Hypotheses testing Procedure
Define distributional assumption
Formulate a hypothesis about the population
called the null hypothesis 𝑯𝟎 and the alternative
hypothesis 𝑯𝟏
Assess how likely it is that 𝐻0 is true.
if 𝐻0 is rejected, we assume 𝐻1 to be true as
if 𝐻0 cannot be rejected it does not mean that it is
true
onde sided
two sided
one sample problem
two sample problem
Hypotheses testing example:
Your sales “expert” tries to convince you that the
average satisfaction on your platform is at least 4.
How is H0 and H1 called? (one sided and one sample)
H0: the average satisfaction is smaller or equal to 4.
H1: the average satisfaction is greater than 4
How is H0 and H1 called? (two sided and one sample)
H0: the average satisfaction is equal to 4.
H1: the average satisfaction is not equal to 4.
The expert also claims that Portuguese, on
average, are more satisfied with the platform than
Germans.
How is H0 and H1 called? (one sided and two sample)
H0: the average satisfaction of Portuguese is smaller or equal to the average satisfaction of Germans
H1: the average satisfaction of Portuguese is greater than the average satisfaction of Germans
How is H0 and H1 called? (two sided and two sample)
H0: the average satisfaction of Portuguese equals the
average satisfaction of Germans
H1: the average satisfaction of Portuguese does not
equal the average satisfaction of Germans.
Graphic for one- and two-sided tests
For one-sided tests, H0 is easier to reject if the effect is in the expected direction. If not, it will never reject H0, even if the effect is large
→ two-sided is more conservative and protects against surprises in either direction.
“Effect in the expected direction” means the observed data supports the specific one-sided hypothesis you set up in advance (e.g., “new drug is better” → higher mean). Does not cover that the new drug is worse.
One-tailed tests are fine if you truly only care about one side (e.g., proving improvement).
Two-tailed tests are safer when effects in both directions matter (e.g., the new drug might be worse, which is also crucial to detect).
Type I and II errors:
Type 1 error:
False positive:
Type I error = Rejecting H_0 when H_0 is true.
In plain words: You claim there is an effect (positive result) when in fact there is none.
Medical test says: “You have the disease”
Reality: You’re actually healthy.
The test gave you a positive result, but it was false.
-> False Positive (seeing something that isn’t there)
!!!This is the error we want to prevent !!!
Type II error
False Negative
Type II error = Failing to reject H_0 when H_0 is false.
In plain words: You fail to detect an effect when there actually is one.
Medical test says: “You don’t have the disease”
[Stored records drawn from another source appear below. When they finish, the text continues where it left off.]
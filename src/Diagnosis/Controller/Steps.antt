-- ===== src/Diagnosis/Controller/Steps.antt =====
-- Every order of events of `AnalysisController` (tools/viewer/web/ai_provider.js).
use open_fpgastudio.Base.{ℕ, ◌<◌, ◌≡◌, ◌≢◌, true, Option, none, some, is_some}
use open_fpgastudio.Diagnosis.Controller.{
  Status, queued, running, validating, completed, ProviderError, Checked, passed, Controller,
  new_controller, cancel_run, start_run, fire_timer, provider_throws, provider_replies,
}

module _ {Raw Result : Type 0} (check : ℕ → Raw → Checked Result) where
  -- The events: the user starts or cancels a run, a run's provider replies or throws while the run
  -- waits for it, a run's timer fires while it is set. `check g` is the validator with the context of
  -- run `g`.
  pub data Step (c : Controller Result) : Controller Result → Type 0 where
    starts : (retries : ℕ) → Step c (start_run retries c)
    cancels : Step c (cancel_run c)
    replies :
        (g : ℕ) (raw : Raw)
        → is_some (c.waiting g) ≡ true
        → Step c (provider_replies g (check g raw) c)
    throws :
        (g : ℕ) (e : ProviderError) → is_some (c.waiting g) ≡ true → Step c (provider_throws g e c)
    fires : (g : ℕ) → c.timers g ≡ true → Step c (fire_timer g c)

  pub data Reach : Controller Result → Type 0 where
    initial : Reach new_controller
    later : {c d : Controller Result} → Reach c → Step c d → Reach d

  -- What is shown while a result is there: one that the validator made of a reply to run `g`.
  abbrev pub IsVerified : ℕ → Status → Option Result → Type 0
  IsVerified g completed (some result) = (raw : Raw) × (check g raw ≡ passed result)
  IsVerified g completed none = ⊥
  IsVerified g _ _ = Unit {0}

  -- What the page may rely on between two events.
  pub record Inv (c : Controller Result) : Type 0 where
    pub latest : c.shown.generation ≡ c.generation
    pub verified : IsVerified c.shown.generation c.shown.status c.shown.result
    pub settled : (c.shown.status ≢ queued) × (c.shown.status ≢ validating)
    pub superseded : (g : ℕ) → 0 < g → g < c.generation → c.aborted g ≡ true
    pub started : (g : ℕ) → c.generation < g → c.waiting g ≡ none
    pub awaited : c.shown.status ≡ running → is_some (c.waiting c.generation) ≡ true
Reality: You do have the disease.
The test gave you a negative result, but it was false.
-> failing to see something that is there
What does significance mean when talking about error’s?
The significance level is the probability of a type one error:
-> H1 falsely accepted and HO falsely rek´jected although true
Why can’t we minimize both 𝛼 and 𝛽(Probability of Type II error)
If we make the rules very strict (tiny \alpha), it’s harder to convict → fewer innocent people are wrongly convicted, but more guilty people go free (\beta increases).
If we make the rules lenient (larger \alpha), it’s easier to convict → fewer guilty people go free, but more innocent people risk conviction.
Test decision using the p-value
The p-value is the probability of obtaining test results at least as extreme as the ones observed during the test, assuming that the null hypothesis H0 is true.
The p-value is the area under the curve of the hypothesized (H0) distribution.
If this value is very unlikely (i.e., p-value less than 5%), we reject H0.
Test decision using the p-value Example
H_0: The new drug is no better than the old one.
Data: Patients on the new drug live, on average, 2 years longer than those on the old drug.
p-value: The probability of seeing such a large difference (or bigger) if the new drug actually does nothing special.
If p = 0.03 (3%), this means “there’s only a 3% chance we’d see this result if the drug had no effect.”
Since 3% < 5%, it’s unlikely the difference is just by chance → we reject H_0 and conclude the drug is effective.
If p = 0.30 (30%), this means “it’s not unusual to see this result just by chance.”
Since 30% > 5%, we cannot reject H_0 → we don’t have strong evidence the drug works.
Test decision using the confidence interval:
If the appropriate confidence interval (100(1 − α)%) does not cover the value 𝜃0 targeted in the hypothesis, then H0 is rejected.
Imagine we test whether the average height of students is 170 cm.
H_0: Mean height = 170 cm.
From our data, we calculate a 95% confidence interval: [172 cm, 180 cm].
Since 170 is not inside [172, 180], we reject H_0.
If instead the CI was [168 cm, 176 cm], then 170 is inside → we do not reject H_0.
Comparing sample means: one sample t-test, for the following question:
Is our users’ satisfaction level above the target level of 3.5?
sample mean = 3.7
n = 40
sample std = 0.6
Hypothesized mean = 3.5
Critical Value from t distribution:
𝐻0 ∶ 𝜇 ≤ 3.5
𝐻1: 𝜇 > 3.5
2.11 > 1.69 -> we reject H0
Conclusion: The data provide significant evidence that user satisfaction is above 3.5.
Comparing sample means: two sample t-test, for the following question:
Do Dutch and Spanish users differ regarding their satisfaction?
What are the distribution assumptions behind the t-test?
For large samples (n > 30 per group), the t-test works even if data are not normal → thanks to the Central Limit Theorem.
For small samples, normality matters more.
Be cautious with heavily skewed data or outliers → the mean may not be a meaningful measure.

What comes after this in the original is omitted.